What the exercise asks -
Copy out all lines of the material below in which "Type" occurs.

▶

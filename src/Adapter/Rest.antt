-- ===== src/Adapter/Rest.antt =====
-- `HAClient.fetch_states` of src/ai_ha/ha_adapter/client.py. The answers of the server stand in a
-- list, one for each request; past its end nothing answers. Waits are seconds, whole numbers here
-- because the source starts at 1.0 and doubles up to 60.0.
pub mod Backoff
use ai_home_assistant.Prelude.{
  ℕ, zero, suc, ◌+◌, ◌*◌, String, Bool, true, false, List, [], ◌∷◌, ◌||◌, if◌then◌else◌, min, ◌==◌,
  nat_eq,
}

-- `connect_error` is a ConnectError or a ReadTimeout, `other_error` any other error of the library.
pub data Attempt : Type 0 where
  connect_error other_error : Attempt
  response : ℕ → String → Attempt

pub data Fetched : Type 0 where
  states : String → Fetched
  ha_unreachable ha_auth_invalid http_status_error transport_error : Fetched

abbrev pub next_attempt : List Attempt → Attempt
next_attempt [] = connect_error
next_attempt (a ∷ rest) = a

abbrev pub later_attempts : List Attempt → List Attempt
later_attempts [] = []
later_attempts (a ∷ rest) = rest

-- `is_success` is the test of the library's `raise_for_status`.
module _ (is_success : ℕ → Bool) where
  unfoldable pub read_response : ℕ → String → Fetched
  read_response status body =
      if status == 401 || status == 403
      then ha_auth_invalid
      else if is_success status
      then states body
      else http_status_error

  -- What an attempt leads to: `last` says that no retry is left, and `rest` is what the retries
  -- lead to, with their waits.
  unfoldable pub after_attempt : Attempt → Bool → ℕ → Fetched × List ℕ → Fetched × List ℕ
  unfolding read_response
  after_attempt connect_error true delay rest = (ha_unreachable, [])
  after_attempt connect_error false delay rest = (rest.0, delay ∷ rest.1)
  after_attempt other_error last delay rest = (transport_error, [])
  after_attempt (response status body) last delay rest = (read_response status body, [])

  -- The loop `for attempt in range(retries)`, with the rounds that are left.
  unfoldable pub fetch_loop : ℕ → ℕ → ℕ → ℕ → List Attempt → Fetched × List ℕ
  unfolding after_attempt
  fetch_loop retries zero attempt delay answers = (ha_unreachable, [])
  fetch_loop retries (suc rounds) attempt delay answers =
      let rest =
        fetch_loop retries rounds (attempt + 1) (min 60 (delay * 2)) (later_attempts answers) in
      after_attempt (next_attempt answers) (attempt + 1 == retries) delay rest

  -- The outcome, and the waits before the retries.
  unfoldable pub fetch_states : ℕ → List Attempt → Fetched × List ℕ
  unfolding fetch_loop
  fetch_states retries answers = fetch_loop retries retries 0 1 answers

◀

Solved problem -
pub data Attempt : Type 0 where
pub data Fetched : Type 0 where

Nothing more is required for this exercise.